The Boffin studied it for a while, turning my wrist this way and that. “This is incredible. The circuitry is so miniaturized that it fits within the fabric itself. Where are you trying to go?”
“I was trying to get back to Cambridge, to reset my journey to find my missing Aunt Matilda, but it says I’m out of range.”
“Ahhh,” the Boffin said. “I think I understand the problem. You were in Cambridge when they found you.”
“What?” I asked. “I was in Cambridge? There were fennec foxes. I thought I was somewhere in North Africa.”
“The world has changed a lot since…” The Boffin said. “I had a theory about this before the fall. I was working at Cambridge myself in those days, some thirty-plus years ago.”
“The Timesuit thinks we’re in 1999,” I said.
The Boffin scratched his head. “Yeah, that matches my tally. But 1999 wasn’t like this where you came from, was it?”
“That’s right,” I said.
The Boffin laughed. “All this time, haha! All this time, I knew I was right. I just had no way to prove it.”
“Right about what?” I asked.
“Well,” the Boffin said, “if your 1999 and my 1999 are different, that proves there are multiple 1999’s. Multiple TIMELINES!”
All at once what the Green Man was saying hit home. “Oh! So… my world is still…” I was reluctant to say alright, “the same?”

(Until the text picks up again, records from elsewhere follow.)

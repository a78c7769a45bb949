-- ===== src/Auth/Middleware.antt =====
-- src/auth/middleware.go: the handlers of the sign-on and the gate in front of the web UI. What
-- http.Redirect and the page's template make of their arguments is theirs.
pub mod Gate
pub mod Callback
pub mod Login
use bepper.Base.{ℕ, String, Bool, not, ◌||◌, Option, none, some, List, [], ◌∷◌, ◌==◌, if◌then◌else◌}
use bepper.Base.Int.{pos, ◌+ℤ◌}
use bepper.Base.Dict.{Dict, lookup}
use bepper.Base.Result.{Result, ok, err, check, required, or_error, ◌>>=◌}
use bepper.Base.Text.{◌⧺◌, has_prefix, cut_prefix, is_some, or_else}
use bepper.Blobstore.{Bytes, Error}
use bepper.Events.{Time}
use bepper.Index.GitUrl.{UrlPackage}
use bepper.Auth.Provider.{Authenticator, Claims}
use bepper.Auth.ReturnPath.{validate_return_path, local_path}
use bepper.Auth.Session.{
  Crypto, JsonCodec, Read, Session, LoginState, Cookie, session_lifetime, session_cookie,
  login_state_cookie, cleared_session_cookie, cleared_login_state_cookie, session_from_request,
  login_state_from_request,
}

-- The libraries that the handlers call.
pub record Libraries : Type 1 where
  pub crypto : Crypto
  pub session_json : JsonCodec Session
  pub login_json : JsonCodec LoginState
  pub urls : UrlPackage
  pub query_escape : String → String

-- What a handler sees of a request, with the time of its `time.Now` and its calls of rand.Read.
pub record Request : Type 0 where
  pub method : String
  pub path : String
  pub request_uri : String
  pub query : Dict String
  pub cookies : Dict String
  pub now : Time
  pub read : ℕ → Read

pub record PageData : Type 0 where
  pub tagline : String
  pub button_label : String
  pub button_href : String

-- The arguments of http.Error.
pub record Failure : Type 0 where
  pub message : String
  pub status : ℕ

-- `served` is what the wrapped handler replies.
pub data Reply (Served : Type 0) : Type 0 where
  failure : Failure → Reply Served
  redirect : String → Reply Served
  page : PageData → Reply Served
  identity : (email name : String) → Reply Served
  served : Served → Reply Served

pub record Response (Served : Type 0) : Type 0 where
  pub set_cookies : List Cookie
  pub reply : Reply Served

-- r.URL.Query().Get(key)
unfoldable pub query_value : Request → String → String
query_value r key = or_else "" (lookup key r.query)

abbrev pub bad_request : String → Failure
bad_request message = record { message = message; status = 400 }

abbrev pub authentication_failed : Failure
authentication_failed = record { message = "authentication failed"; status = 401 }

abbrev pub unauthorized : Failure
unauthorized = record { message = "unauthorized"; status = 401 }

abbrev pub internal_error : Failure
internal_error = record { message = "internal error"; status = 500 }

-- The patterns that Wrap registers. A pattern for GET matches HEAD too.
pub data Route : Type 0 where
  login callback logout me other : Route

unfoldable pub route : String → String → Route
route method path =
    if not ((method == "GET") || (method == "HEAD"))
    then other
    else if path == "/auth/login"
    then login
    else if path == "/auth/callback"
    then callback
    else if path == "/auth/logout"
    then logout
    else if path == "/auth/me"
    then me
    else other

module _ (lib : Libraries) where
  unfoldable pub random_token : Read → Result Error String
  random_token read = do token ← read 32; ok (lib.crypto.encode_to_string token)

  module _ (a : Authenticator) where
    unfoldable pub session_of : Request → Option Session
    session_of r = session_from_request lib.crypto lib.session_json r.now a.codec r.cookies

    unfoldable pub seal_login : Request → LoginState → Result Failure (LoginState × Cookie)
    seal_login r ls = do
      cookie ←
          or_error
            (login_state_cookie lib.crypto lib.login_json (r.read 2) a.codec a.secure_cookies ls)
            internal_error
      ok (ls, cookie)

    -- The state, the nonce and the cookie that holds them, or an internal error.
    unfoldable pub begin_login : Request → Result Failure (LoginState × Cookie)
    begin_login r = do
      state ← or_error (random_token (r.read 0)) internal_error
      nonce ← or_error (random_token (r.read 1)) internal_error
      let ls : LoginState = record {
        state = state;
        nonce = nonce;
        return_path = validate_return_path lib.urls (query_value r "return");
      }
      seal_login r ls

    -- The checks of the callback, from the state on.
    unfoldable pub authenticate : LoginState → Request → Result Failure Claims
    authenticate ls r = do
      same_state ← check (ls.state == query_value r "state") (bad_request "state mismatch")
      has_code ← check (not (query_value r "code" == "")) (bad_request "missing code")
      token ← or_error (a.oauth2_config.exchange (query_value r "code")) authentication_failed
      raw_id_token ← required token.id_token authentication_failed
      id_token ← or_error (a.verify raw_id_token) authentication_failed
      same_nonce ← check (id_token.nonce == ls.nonce) authentication_failed
      or_error id_token.claims authentication_failed

    unfoldable pub issue_session : Claims → Request → Result Failure Cookie
    issue_session claims r =
        or_error
          (session_cookie lib.crypto lib.session_json (r.read 0) a.codec a.secure_cookies (record {
            email = claims.email;
            name = claims.name;
            expiry = r.now +ℤ session_lifetime;
          }))
          internal_error

    unfoldable pub complete_login : Option LoginState → Request → Result Failure (String × Cookie)
    complete_login none r = err (bad_request "missing or expired login state")
    complete_login (some ls) r = do
      claims ← authenticate ls r
      cookie ← issue_session claims r
      ok (ls.return_path, cookie)

    module _ {Served : Type 0} where
      unfoldable pub render_login_page : Request → Response Served
      render_login_page r = record {
        set_cookies = [];
        reply = page (record {
          tagline = "Sign in to view build invocations.";
          button_label = "Log in";
          button_href = "/auth/login?return=" ⧺ lib.query_escape r.request_uri;
        });
      }

      abbrev pub fails : Failure → Response Served
      fails f = record { set_cookies = []; reply = failure f }

      unfoldable pub gate : (Request → Served) → Request → Option Session → Response Served
      gate next r (some session) = record { set_cookies = []; reply = served (next r) }
      gate next r none =
          if has_prefix r.path "/api/" then fails unauthorized else render_login_page r

      unfoldable pub require_session : (Request → Served) → Request → Response Served
      require_session next r = gate next r (session_of r)

      unfoldable pub after_beginning : Result Failure (LoginState × Cookie) → Response Served
      after_beginning (err f) = fails f
      after_beginning (ok (ls, cookie)) = record {
        set_cookies = cookie ∷ [];
        reply = redirect (a.oauth2_config.auth_code_url ls.state ls.nonce);
      }

      unfoldable pub handle_login : Request → Response Served
      handle_login r = after_beginning (begin_login r)

      -- The cookie of the login state is cleared first.
      unfoldable pub after_clearing : Result Failure (String × Cookie) → Response Served
      after_clearing (err f) = record {
        set_cookies = cleared_login_state_cookie a.secure_cookies ∷ [];
        reply = failure f;
      }
      after_clearing (ok (return_path, cookie)) = record {
        set_cookies = cleared_login_state_cookie a.secure_cookies ∷ cookie ∷ [];
        reply = redirect return_path;
      }

      unfoldable pub handle_callback : Request → Response Served
      handle_callback r =
          after_clearing (
            complete_login (login_state_from_request lib.crypto lib.login_json a.codec r.cookies) r)

      unfoldable pub handle_logout : Response Served
      handle_logout = record {
        set_cookies = cleared_session_cookie a.secure_cookies ∷ [];
        reply = page (record {
          tagline = "You have been logged out.";
          button_label = "Log back in";
          button_href = "/auth/login";
        });
      }

      unfoldable pub identify : Option Session → Response Served
      identify none = fails unauthorized
      identify (some session) = record {
        set_cookies = [];
        reply = identity session.email session.name;
      }

      unfoldable pub handle_me : Request → Response Served
      handle_me r = identify (session_of r)

      unfoldable pub serve_route : (Request → Served) → Request → Route → Response Served
      serve_route next r login = handle_login r
      serve_route next r callback = handle_callback r
      serve_route next r logout = handle_logout
      serve_route next r me = handle_me r
      serve_route next r other = require_session next r

      unfoldable pub wrap : (Request → Served) → Request → Response Served
      wrap next r = serve_route next r (route r.method r.path)
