-- ===== src/Auth/Middleware/Callback.antt =====
-- When `handleCallback` of src/auth/middleware.go issues a session.
use bepper.Base.{
  String, ◌≡◌, ◌≢◌, refl, subst, not, ◌==◌, eq_iff, eq_refl, Option, none, some, [], ◌∷◌,
}
use bepper.Base.Result.{
  Result, ok, err, check, required, or_error, bind_succeeds, check_passes, required_succeeds,
  or_error_succeeds, ok_inj,
}
use bepper.Base.Text.{given, not_empty}
use bepper.Auth.Middleware.{
  Libraries, Request, Response, Failure, failure, redirect, query_value, authenticate,
  issue_session, complete_login, after_clearing, handle_callback,
}
use bepper.Auth.Provider.{Authenticator, Claims, IdToken, Token}
use bepper.Auth.Session.{LoginState, Cookie, cleared_login_state_cookie, login_state_from_request}

module _ (lib : Libraries) (a : Authenticator) where
  -- The provider vouches for these claims in answer to this login: the request has the login's state
  -- and a code, the code's token has an ID token that the verifier accepts, and that token has the
  -- login's nonce.
  pub record Verified (ls : LoginState) (claims : Claims) (r : Request) : Type 0 where
    pub token : Token
    pub raw_id_token : String
    pub id_token : IdToken
    pub same_state : ls.state ≡ query_value r "state"
    pub has_code : query_value r "code" ≢ ""
    pub exchanged : a.oauth2_config.exchange (query_value r "code") ≡ ok token
    pub has_id_token : token.id_token ≡ some raw_id_token
    pub accepted : a.verify raw_id_token ≡ ok id_token
    pub same_nonce : id_token.nonce ≡ ls.nonce
    pub claimed : id_token.claims ≡ ok claims

  authenticate-Verified :
      (ls : LoginState) (claims : Claims) (r : Request)
      → authenticate lib a ls r ≡ ok claims
      → Verified ls claims r
  unfolding authenticate
  authenticate-Verified ls claims r h =
      let (_, state, h1) = bind_succeeds (check (ls.state == query_value r "state") _) _ h in
      let (_, code, h2) = bind_succeeds (check (not (query_value r "code" == "")) _) _ h1 in
      let (token, exchanged, h3) =
        bind_succeeds (or_error (a.oauth2_config.exchange (query_value r "code")) _) _ h2 in
      let (raw, has_raw, h4) = bind_succeeds (required token.id_token _) _ h3 in
      let (id_token, accepted, h5) = bind_succeeds (or_error (a.verify raw) _) _ h4 in
      let (_, nonce, h6) = bind_succeeds (check (id_token.nonce == ls.nonce) _) _ h5 in
      record {
        token = token;
        raw_id_token = raw;
        id_token = id_token;
        same_state = (eq_iff _ _).0 (check_passes _ _ state);
        has_code = given _ (check_passes _ _ code);
        exchanged = or_error_succeeds _ _ exchanged;
        has_id_token = required_succeeds _ _ has_raw;
        accepted = or_error_succeeds _ _ accepted;
        same_nonce = (eq_iff _ _).0 (check_passes _ _ nonce);
        claimed = or_error_succeeds _ _ h6;
      }

  pub Verified-authenticate :
      (ls : LoginState) (claims : Claims) (r : Request)
      → Verified ls claims r
      → authenticate lib a ls r ≡ ok claims
  unfolding authenticate
  Verified-authenticate ls claims r v =
      rw
        (
          v.same_state,
          eq_refl (query_value r "state"),
          not_empty (query_value r "code") v.has_code,
          v.exchanged,
          v.has_id_token,
          v.accepted,
          v.same_nonce,
          eq_refl ls.nonce,
          v.claimed,
        )
        refl

  -- What a callback may come to: the login state's cookie is cleared, and either there is an error
  -- and nothing else, or the claims of the new session are verified ones.
  pub data Outcome {Served : Type 0} (r : Request) : Response Served → Type 0 where
    refused :
        (f : Failure)
        → Outcome r (record {
          set_cookies = cleared_login_state_cookie a.secure_cookies ∷ [];
          reply = failure f;
        })
    logged_in :
        (ls : LoginState) (claims : Claims) (cookie : Cookie)
        → login_state_from_request lib.crypto lib.login_json a.codec r.cookies ≡ some ls
        → Verified ls claims r
        → issue_session lib a claims r ≡ ok cookie
        → Outcome r (record {
          set_cookies = cleared_login_state_cookie a.secure_cookies ∷ cookie ∷ [];
          reply = redirect ls.return_path;
        })

  module _ {Served : Type 0} (r : Request) where
    ended-Outcome :
        (ls : Option LoginState) (ended : Result Failure (String × Cookie))
        → login_state_from_request lib.crypto lib.login_json a.codec r.cookies ≡ ls
        → complete_login lib a ls r ≡ ended
        → Outcome {Served = Served} r (after_clearing lib a ended)
    unfolding after_clearing complete_login
    ended-Outcome ls (err f) sent h = refused f
    ended-Outcome none (ok (path, cookie)) sent h = cc
    ended-Outcome (some ls) (ok (path, cookie)) sent h =
        let (claims, verified, h1) = bind_succeeds (authenticate lib a ls r) _ h in
        let (issued, made, h2) = bind_succeeds (issue_session lib a claims r) _ h1 in
        subst (λ end. Outcome {Served = Served} r (after_clearing lib a (ok end))) (ok_inj h2)
          (logged_in ls claims issued sent (authenticate-Verified ls claims r verified) made)

    -- A callback sets a session cookie only for claims that the provider vouches for in answer to the
    -- login whose state the request carries, and it always clears the cookie of that state.
    pub handle_callback-Outcome : Outcome {Served = Served} r (handle_callback lib a r)
    unfolding handle_callback
    handle_callback-Outcome =
        let ls = login_state_from_request lib.crypto lib.login_json a.codec r.cookies in
        ended-Outcome ls (complete_login lib a ls r) refl refl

“Yes!” the Boffin said. “And if there is one, then there will be practically endless timelines that are each unique. It means there are many worlds where the Earth is still alive.” His eyes brimmed with tears. “There’s nothing wrong with the Timesuit, you just can’t get to where you were trying to go from here.” He slid the dials on the wrist control. “There. That should be somewhere you’ll be able to reach.”
“I wish I could take you with me,” I said.
“It’s alright,” he said. “Just knowing that it’s out there is enough for me.”
“Thank you, Boffin,” I said. “Thank you, Hydro. It’s good to know that at their core, most humans are genuinely good. That gives me a lot of hope to face whatever I’ll find next.”
I activated the Timesuit and was on my way.